I remember a book I read as a pre-teen, 40 or so years ago, about a kid who wanted to be "perfect". A wear a tree of broccoli on a string around your neck to learn how to overcome embarrassment. A perfect person never makes mistakes, and the best way to not make mistakes is to not do anything. Similar "requirements" of perfection and their expression are presented. The kid eventually finds himself in an empty room, by himself, doing nothing, wearing broccoli. Perfection was achieved, but at the cost of an extremely boring life.
I'm of the opinion that "true art"/cultural artifacts can't be automated by definition, as they derive their value from the human experience embedded in them by their creators.

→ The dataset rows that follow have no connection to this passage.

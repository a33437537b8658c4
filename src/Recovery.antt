-- ===== src/Recovery.antt =====
-- mgd/src/recovery.rs and mgd/src/engine/health.rs: release of frozen processes and restore of dumped
-- ones once the pressure is normal. The moving average is kept in millionths of a KB, rounded down.
pub mod Release
pub mod Restore
use lmkd_linux.Prelude.{
  ℕ, ◌+◌, ◌-◌, ◌*◌, ◌/◌, min, String, Bool, true, false, not, Option, none, some, List, [], ◌∷◌,
  ltb, leb, ◌==◌, if◌then◌else◌,
}
use lmkd_linux.Types.{Pid, Kb, saturating_mul, u32_max}
use lmkd_linux.Meminfo.{MemInfo}
use lmkd_linux.Psi.{MemoryPressure, PsiThresholds, pressure_level_with, rank}
use lmkd_linux.Registry.Frozen
use lmkd_linux.Registry.Frozen.{FrozenRegistry}
use lmkd_linux.Registry.Checkpointed
use lmkd_linux.Registry.Checkpointed.{CheckpointRegistry, CheckpointEntry}
use lmkd_linux.Execute.{OpResult, success, fail}
use lmkd_linux.Signals.{unfreeze_checked}

abbrev pub max_restore_attempts : ℕ
max_restore_attempts = 3

abbrev pub min_freeze_age_secs : ℕ
min_freeze_age_secs = 15

abbrev pub max_unfreeze_per_cycle : ℕ
max_unfreeze_per_cycle = 4

pub record HealthBaseline : Type 0 where
  pub avg_available_kb : ℕ
  pub samples : ℕ

abbrev pub millionths : ℕ
millionths = 1000000

unfoldable pub fresh : HealthBaseline
fresh = record { avg_available_kb = 0; samples = 0 }

unfoldable pub observe : Kb → HealthBaseline → HealthBaseline
observe available b = record {
  avg_available_kb =
      if b.samples == 0
      then available * millionths
      else (5 * (available * millionths) + 95 * b.avg_available_kb) / 100;
  samples = min (b.samples + 1) u32_max;
}

-- `total.0 * 10` is below 2 ^ 64 for any size of memory that a machine has.
unfoldable pub safe_to_restore : HealthBaseline → Kb → Kb → Kb → Bool
safe_to_restore b available total process_rss =
    let remaining = available - process_rss in
    if ltb b.samples 10
    then ltb (total * 10 / 100) remaining
    else ltb (b.avg_available_kb * 85) (remaining * millionths * 100)

-- What the system answers in one pass. Each pid is asked about once.
pub record System : Type 0 where
  pub start_of : Pid → Option ℕ
  pub delivered : Pid → Bool
  -- `checkpoint::restore` on a snapshot directory
  pub restored : String → Bool

unfoldable pub resume : System → Pid → ℕ → OpResult
resume sys pid expected = (unfreeze_checked (sys.start_of pid) (sys.delivered pid) pid expected).0

-- The loop of `unfreeze_pass`, with the count so far: the registry after it and the pids released.
unfoldable pub unfreeze_loop :
    System → Bool → ℕ → ℕ → List Pid → FrozenRegistry → FrozenRegistry × List Pid
unfreeze_loop sys safe now n [] reg = (reg, [])
unfreeze_loop sys safe now n (pid ∷ pids) reg = elim (leb max_unfreeze_per_cycle n) [
  | true ↦ (reg, [])
  | false ↦ elim safe [
    | false ↦ (reg, [])
    | true ↦ elim (ltb (now - Frozen.frozen_at pid reg) min_freeze_age_secs) [
      | true ↦ unfreeze_loop sys safe now n pids reg
      | false ↦ elim (resume sys pid (Frozen.start_time pid reg)) [
        | success ↦
            let (after, released) =
              unfreeze_loop sys safe now (n + 1) pids (Frozen.delete pid reg) in
            (after, pid ∷ released)
        | fail _ ↦ unfreeze_loop sys safe now n pids reg
      ]
    ]
  ]
]

unfoldable pub unfreeze_pass :
    System → HealthBaseline → MemInfo → ℕ → FrozenRegistry → FrozenRegistry × List Pid
unfreeze_pass sys b m now reg =
    unfreeze_loop sys (safe_to_restore b m.available_kb m.total_kb 0) now 0 (Frozen.frozen_pids reg)
      reg

-- What `restore_pass` did.
pub data Restored : Type 0 where
  nothing_to_restore : Restored
  abandoned restored failed tight : Pid → Restored

restore_head :
    System
    → HealthBaseline
    → MemInfo
    → Pid × CheckpointEntry
    → CheckpointRegistry
    → CheckpointRegistry × Restored
restore_head sys b m (pid, e) reg =
    if leb max_restore_attempts e.attempts
    then (Checkpointed.delete pid reg, abandoned pid)
    else if safe_to_restore b m.available_kb m.total_kb e.rss
    then (if sys.restored e.snapshot_dir
        then (Checkpointed.delete pid reg, restored pid)
        else (Checkpointed.increment_attempts pid reg, failed pid))
    else (reg, tight pid)

unfoldable pub restore_pass :
    System → HealthBaseline → MemInfo → CheckpointRegistry → CheckpointRegistry × Restored
unfolding restore_head
restore_pass sys b m reg = elim (Checkpointed.entries_lightest_first reg) [
  | [] ↦ (reg, nothing_to_restore)
  | e ∷ _ ↦ restore_head sys b m e reg
]

pub record Recovery : Type 0 where
  pub frozen : FrozenRegistry
  pub checkpointed : CheckpointRegistry
  pub baseline : HealthBaseline

-- One turn of `run` with a readable pressure: `m` and `m'` are the two readings of the memory.
unfoldable pub cycle :
    System → PsiThresholds → MemoryPressure → MemInfo → MemInfo → ℕ → Recovery → Recovery
cycle sys t p m m' now r =
    let b = observe m.available_kb r.baseline in
    if rank (pressure_level_with p t) == 0
    then record {
      frozen = (unfreeze_pass sys b m now r.frozen).0;
      checkpointed = (restore_pass sys b m' r.checkpointed).0;
      baseline = b;
    }
    else r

OTOH, I think we absolutely SHOULD automate necessary "drudgery" type work wherever we can, but we're going to need a radical reconceptualization of how we distribute the spoils of economic productivity as a result. Unfortunately, I think the type of reconceptualization we'd need would entail a complete overhaul of many long-established and deeply-internalized concepts (rights and duties of ownership of intellectual and private property, decoupling of identity and occupation, etc.), and from everything I've seen, that will be a long and painful process assuming it's even achievable. (Especially in the US, where decades of pro-business messaging has yielded a culture that equates income-earning ability/entrepreneurial success with individual human worth. I really struggle to imagine a path toward unwinding that, but there's little chance it'll be a smooth ride.)